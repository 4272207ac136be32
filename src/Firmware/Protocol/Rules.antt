-- ===== src/Firmware/Protocol/Rules.antt =====
-- How actions move through the stages of the protocol: one rule for each way to combine actions.
use canopen_tools.Prelude.{ℕ, ◌≡◌, refl, ap, ◌∙◌, inl, inr, Bool-cases, Option, none, some}
use canopen_tools.Outcome.{Result, ok, raise, is_exception}
use canopen_tools.Firmware.Device.{
  Call, Env, Log, Run, returned, raised, out_of_fuel, M, run_of, attempt, finally, after_try,
  after_close, closing, continue, ◌>>=◌, perform,
}
use canopen_tools.Firmware.Protocol.{
  Stage, idle, violation, advance, refused, next, run, run-append,
}

-- After an action: `P` of its value and the stage, or `E` of the stage where it raised.
abbrev pub To : {A : Type 0} → (Stage → Type 0) → (A → Stage → Type 0) → Run A → Stage → Type 0
To E P (returned a) t = P a t
To E P (raised e) t = E t
To E P out_of_fuel t = E t

-- From a log in stage `s`, the action ends as `Q` says.
abbrev pub Leads : {A : Type 0} → Stage → (Run A → Stage → Type 0) → M A → Type 0
Leads s Q m = (l : Log) → run idle l ≡ s → Q (m l).0 (run idle (m l).1)

module _ {A B : Type 0} where
  pub Leads-bind :
      (s : Stage) (E : Stage → Type 0) (P : A → Stage → Type 0) (Q : B → Stage → Type 0) (m : M A)
      (f : A → M B)
      → Leads s (To E P) m
      → ((a : A) (t : Stage) → P a t → Leads t (To E Q) (f a))
      → Leads s (To E Q) (m >>= f)
  unfolding ◌>>=◌
  Leads-bind s E P Q m f hm hf l h = go (m l).0 (m l).1 (hm l h)
    where
      go :
          (r : Run A) (k : Log)
          → To E P r (run idle k)
          → To E Q (continue f r k).0 (run idle (continue f r k).1)
      go (returned a) k p = hf a (run idle k) p k refl
      go (raised e) k p = p
      go out_of_fuel k p = p

module _ {A : Type 0} where
  pub Leads-weaken :
      (s : Stage) (E F : Stage → Type 0) (P Q : A → Stage → Type 0) (m : M A)
      → ((t : Stage) → E t → F t)
      → ((a : A) (t : Stage) → P a t → Q a t)
      → Leads s (To E P) m
      → Leads s (To F Q) m
  Leads-weaken s E F P Q m hE hP hm l h = go (m l).0 (run idle (m l).1) (hm l h)
    where
      go : (r : Run A) (t : Stage) → To E P r t → To F Q r t
      go (returned a) t p = hP a t p
      go (raised e) t p = hE t p
      go out_of_fuel t p = hE t p

module _ (env : Env) (c : Call) (s : Stage) where
  run-perform :
      (l : Log) → run idle l ≡ s → run idle (perform env c l).1 ≡ next s (c, env.reply l c)
  unfolding perform
  run-perform l h = run-append idle l _ ∙ ap (λ (t : Stage). next t (c, env.reply l c)) h

  pub Leads-perform :
      (E : Stage → Type 0) (P : ℕ → Stage → Type 0)
      → ((n : ℕ) → P n (advance s c n))
      → E (refused s (advance s c 0))
      → Leads s (To E P) (perform env c)
  Leads-perform E P good bad l h = rw (run-perform l h) (unfold perform in go (env.reply l c))
    where
      go : (r : Result ℕ) → To E P (run_of r) (next s (c, r))
      go (ok n) = good n
      go (raise e) = bad

-- After a `try` that lets an action fail: its own end, or what holds where it raised.
abbrev pub Tried :
    {A : Type 0} → (Stage → Type 0) → (A → Stage → Type 0) → Option A → Stage → Type 0
Tried E P (some a) t = P a t
Tried E P none t = E t

module _ {A : Type 0} where
  pub Leads-attempt :
      (s : Stage) (E : Stage → Type 0) (P : A → Stage → Type 0) (m : M A)
      → Leads s (To E P) m
      → Leads s (To E (Tried E P)) (attempt m)
  unfolding attempt
  Leads-attempt s E P m hm l h = go (m l).0 (m l).1 (hm l h)
    where
      go :
          (r : Run A) (k : Log)
          → To E P r (run idle k)
          → To E (Tried E P) (after_try r k).0 (run idle (after_try r k).1)
      go (returned a) k p = p
      go (raised e) k p = elim (Bool-cases (is_exception e)) [
        | inl caught ↦ rw caught p
        | inr passed ↦ rw passed p
      ]
      go out_of_fuel k p = p

  -- `E` holds where the body raised, and `F` where it or the closing call did.
  pub Leads-finally :
      (env : Env) (c : Call) (s : Stage) (E F : Stage → Type 0) (P Q : A → Stage → Type 0) (m : M A)
      → Leads s (To E P) m
      → ((a : A) (t : Stage) (n : ℕ) → P a t → Q a (advance t c n))
      → ((a : A) (t : Stage) → P a t → F (refused t (advance t c 0)))
      → ((t : Stage) (n : ℕ) → E t → F (advance t c n))
      → ((t : Stage) → E t → F (refused t (advance t c 0)))
      → ((t : Stage) → E t → F t)
      → Leads s (To F Q) (finally m (perform env c))
  unfolding finally
  Leads-finally env c s E F P Q m hm good_closed good_failed bad_closed bad_failed cut l h =
      go (m l).0 (m l).1 (hm l h)
    where
      shut :
          (r : Run A) (k : Log)
          → ((n : ℕ) → To F Q r (advance (run idle k) c n))
          → F (refused (run idle k) (advance (run idle k) c 0))
          → To F Q
              (after_close r (perform env c k)).0
              (run idle (after_close r (perform env c k)).1)
      shut r k closed failed =
          after (perform env c k).0 (perform env c k).1
            (Leads-perform env c (run idle k) F (λ n t. To F Q r t) closed failed k refl)
        where
          after :
              (x : Run ℕ) (j : Log)
              → To F (λ n t. To F Q r t) x (run idle j)
              → To F Q (after_close r (x, j)).0 (run idle (after_close r (x, j)).1)
          after (returned n) j p = p
          after (raised e) j p = p
          after out_of_fuel j p = p

      go :
          (r : Run A) (k : Log)
          → To E P r (run idle k)
          → To F Q (closing (perform env c) r k).0 (run idle (closing (perform env c) r k).1)
      go (returned a) k p =
          shut (returned a) k (λ n. good_closed a (run idle k) n p) (good_failed a (run idle k) p)
      go (raised e) k p =
          shut (raised e) k (λ n. bad_closed (run idle k) n p) (bad_failed (run idle k) p)
      go out_of_fuel k p = cut (run idle k) p

-- A stage that is known after the first action.
pub Leads-then :
    {A B : Type 0} (s u : Stage) (E : Stage → Type 0) (Q : B → Stage → Type 0) (m : M A)
    (f : A → M B)
    → Leads s (To E (λ a t. t ≡ u)) m
    → ((a : A) → Leads u (To E Q) (f a))
    → Leads s (To E Q) (m >>= f)
Leads-then s u E Q m f hm hf = Leads-bind s E (λ a t. t ≡ u) Q m f hm (λ a t e l h. hf a l (h ∙ e))

pub refused_self : (s : Stage) → refused s s ≡ s
refused_self violation = refl
refused_self _ = refl

-- A call that leaves every stage as it is.
pub Leads-quiet :
    (env : Env) (c : Call) (s : Stage) (E : Stage → Type 0)
    → ((n : ℕ) → advance s c n ≡ s)
    → E s
    → Leads s (To E (λ n t. t ≡ s)) (perform env c)
Leads-quiet env c s E quiet safe =
    Leads-perform env c s E (λ n t. t ≡ s) quiet (rw (quiet 0, refused_self s) safe)

-- The same within a `try` that lets it fail.
pub Leads-try_quiet :
    (env : Env) (c : Call) (s : Stage)
    → ((n : ℕ) → advance s c n ≡ s)
    → Leads s (To (λ t. t ≡ s) (λ o t. t ≡ s)) (attempt (perform env c))
Leads-try_quiet env c s quiet =
    Leads-weaken s (λ t. t ≡ s) (λ t. t ≡ s) (Tried (λ t. t ≡ s) (λ n t. t ≡ s)) (λ o t. t ≡ s)
      (attempt (perform env c)) (λ t e. e) tried
      (Leads-attempt s (λ t. t ≡ s) (λ n t. t ≡ s) (perform env c)
        (Leads-quiet env c s (λ t. t ≡ s) quiet refl))
  where
    tried : (o : Option ℕ) (t : Stage) → Tried (λ t. t ≡ s) (λ n t. t ≡ s) o t → t ≡ s
    tried (some n) t e = e
    tried none t e = e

____

■ What to work on
Go through the material above and copy each line that holds the string "append".

■ Output for this task
  Stage, idle, violation, advance, refused, next, run, run-append,
  run-perform l h = run-append idle l _ ∙ ap (λ (t : Stage). next t (c, env.reply l c)) h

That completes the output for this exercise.